GROUP BNP PARIBAS

BNP Paribas Group is the top bank in the European Union and a major international banking establishment. It has close to 185,000 employees in 65 countries. In Spain we are more than 5,100 employees within 13 business lines.

Spain IT Production

Spain IT Production organization consists of CIB ITO & ITG IT Platforms and is responsible for providing IT Production services to our Clients in EMEA, ensuring a Digital Market evolution, in a secured and performant environment, and with a reliable quality. IT Production organisation includes Infrastructure services, Telecom & Workspace, Production Security and Application Production domains and associated transversal services (CTO Office, Control Tower, PMO and IT Continuity). In Spain, IT Production relies on a Platform with over 400 experts that provide full-stack support services ensuring a secure, stable, standardized, and efficient production.

ABOUT THE JOB

MISSION

THE ROLE: WEB SECURITY POLICY AND AUTOMATION

As part of the Global Web Security team, you will work on two key initiatives:

Policy Sanitation and Optimization

Our WAF and Proxy environments have evolved over time, leading to accumulated rules that require rationalization. Your role will involve:

• Reviewing and analyzing existing security policies (filtering, authentication, SSL inspection) to identify redundancies, conflicts, or outdated configurations.
• Proposing and testing optimizations to improve security posture and operational efficiency.
• Documenting changes and ensuring alignment with BNP Paribas security standards and OWASP guidelines.

RESPONSIBILITIES

This work directly supports our 2026 roadmap to reduce complexity, minimize false positives, and enhance performance across our web security infrastructure.

Signature and Rule Automation

Manual updates to threat signatures and security rules are time-consuming and prone to delays.

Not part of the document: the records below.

-- ===== src/Wiki/Lifecycle.antt =====
-- The life of a page: what its methods allow, in any order of calls.
use cherry_wiki.Base.{ℕ, String, ◌≡◌, refl, sym, inl, inr, ◌=ₛ◌, eq_iff, Bool-cases, arith, ◌↔◌}
use cherry_wiki.Wiki.{
  status, publish, unpublish, archive, can_publish, can_unpublish, can_archive, rollback,
}

-- The methods; a rollback is given a version's content and the greatest version number.
pub data Method : Type 0 where
  publishes unpublishes archives : Method
  rolls_back : String → ℕ → Method

-- A page that is published, taken back or archived, or that gets an older content again.
pub data Step : Method → String → String → Type 0 where
  published : Step publishes "draft" "published"
  taken_back : Step unpublishes "published" "draft"
  archived : Step archives "published" "archived"
  rolled_back : (content : String) (n : ℕ) (s : String) → Step (rolls_back content n) s "published"

-- The method answers the status `t` for a page of the status `s`; a rollback does not look at it.
abbrev pub Answers : Method → String → String → Type 0
Answers publishes s t = publish s ≡ status t
Answers unpublishes s t = unpublish s ≡ status t
Answers archives s t = archive s ≡ status t
Answers (rolls_back content n) s t = (rollback content n).status ≡ t

along : (m : Method) (s t a b : String) → s ≡ a → t ≡ b → Step m a b → Step m s t
along m s t a b e f x = rw (e, f) x

publish_step : (s t : String) → publish s ≡ status t → (s ≡ "draft") × (t ≡ "published")
unfolding publish can_publish
publish_step s t h = elim (Bool-cases (s =ₛ "draft")) [
  | inl d ↦ ((eq_iff s "draft").0 d, ground arith)
  | inr d ↦ elim (Bool-cases (s =ₛ "published")) [
    | inl p ↦ absurd (ground arith)
    | inr p ↦ absurd (ground arith)
  ]
]

unpublish_step : (s t : String) → unpublish s ≡ status t → (s ≡ "published") × (t ≡ "draft")
unfolding unpublish can_unpublish
unpublish_step s t h = elim (Bool-cases (s =ₛ "published")) [
  | inl d ↦ ((eq_iff s "published").0 d, ground arith)
  | inr d ↦ elim (Bool-cases (s =ₛ "draft")) [
    | inl p ↦ absurd (ground arith)
    | inr p ↦ absurd (ground arith)
  ]
]

archive_step : (s t : String) → archive s ≡ status t → (s ≡ "published") × (t ≡ "archived")
unfolding archive can_archive
archive_step s t h = elim (Bool-cases (s =ₛ "published")) [
  | inl d ↦ ((eq_iff s "published").0 d, ground arith)
  | inr d ↦ absurd (ground arith)
]

Answers-Step : (m : Method) (s t : String) → Answers m s t → Step m s t
unfolding rollback
Answers-Step publishes s t h =
    let (e, f) = publish_step s t h in along publishes s t "draft" "published" e f published
Answers-Step unpublishes s t h =
    let (e, f) = unpublish_step s t h in along unpublishes s t "published" "draft" e f taken_back
Answers-Step archives s t h =
    let (e, f) = archive_step s t h in along archives s t "published" "archived" e f archived
Answers-Step (rolls_back content n) s t h =
    along (rolls_back content n) s t s "published" refl (sym h) (rolled_back content n s)

Step-Answers : (m : Method) (s t : String) → Step m s t → Answers m s t
unfolding publish unpublish archive can_publish can_unpublish can_archive rollback
Step-Answers m s t published = refl
Step-Answers m s t taken_back = refl
Step-Answers m s t archived = refl
Step-Answers m s t (rolled_back content n x) = refl

-- Each method answers a status exactly for its moves of a page's life: publishing takes a draft to published, unpublishing a published page to draft and archiving a published page to archived, and a rollback takes a page of any status, an archived one too, to published.
pub Answers-iff : (m : Method) (s t : String) → Answers m s t ↔ Step m s t
Answers-iff m s t = (Answers-Step m s t, Step-Answers m s t)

You will assist in:

• Developing scripts (Python/Bash) to automate the deployment of signature updates from vendors as well as optimize current workflows from our TOM.
• Testing and validating automated processes to ensure accuracy and reliability.
• Monitoring the impact of updates on false positive/negative rates and system performance.

By contributing to this initiative, you will help reduce manual workloads and improve response times to emerging threats.

Operational Support (Level 2)

In addition to project work, you will gain exposure to daily production security operations, including:

• Managing access requests and basic incident resolution in ServiceNow.
• Assisting in log analysis to troubleshoot issues (e.g., blocked legitimate traffic, misconfigured rules).
• Escalating complex cases to Level 3 support with clear documentation.

This experience will provide foundational knowledge of enterprise web security operations while supporting your work on the policy and automation roadmaps.

REQUIREMENTS

• Engineering school diploma or equivalent (required).
• Cybersecurity / Information Technology / Telecommunications degree or master’s (a plus).
• Demonstrated interest in cybersecurity, particularly in web application defense (blue-team mindset).

Experience

No prior experience required.

Languages

·         Fluent English (mandatory).

·         French (a plus).

·         Spanish (a plus).

SKILLS

• Technical

o    Preferred knowledge of:

§  WAF operations (F5 ASM) and Proxy operations (SkyHigh).

§  HTTP/HTTPS protocols and status codes.

§  OSI model, SSL/TLS, and ITIL frameworks (a plus).

o    Basic scripting (Python/Bash) is beneficial but not required—training will be provided.

• Transversal & Behavioral

Behavioral Skills

·         Collaboration: Ability to work with global teams across different locations.

·         Problem-solving: Adaptability to shifting priorities and continuous improvement initiatives.

·         Communication: Clear documentation and ability to explain technical concepts to non-experts.

BENEFITS

• Hybrid telecommuting model. 

• One vacation day per month worked (according to the duration of the agreement with the university).

• Meal allowance. 

Diversity and inclusion commitment

BNP Paribas Group in Spain is an equal opportunity employer and proud to provide equal employment opportunity to all job seekers. We are actively committed to ensuring that no individual is discriminated against on the grounds of age, disability, gender reassignment, marriage or civil partnership status, pregnancy and maternity/paternity, race, religion or belief, sex or sexual orientation. Equity and diversity are at the core of our recruitment policy because we believe that they foster creativity and efficiency, which in turn increase performance and productivity. We strive to reflect the society we live in, while keeping with the image of our clients.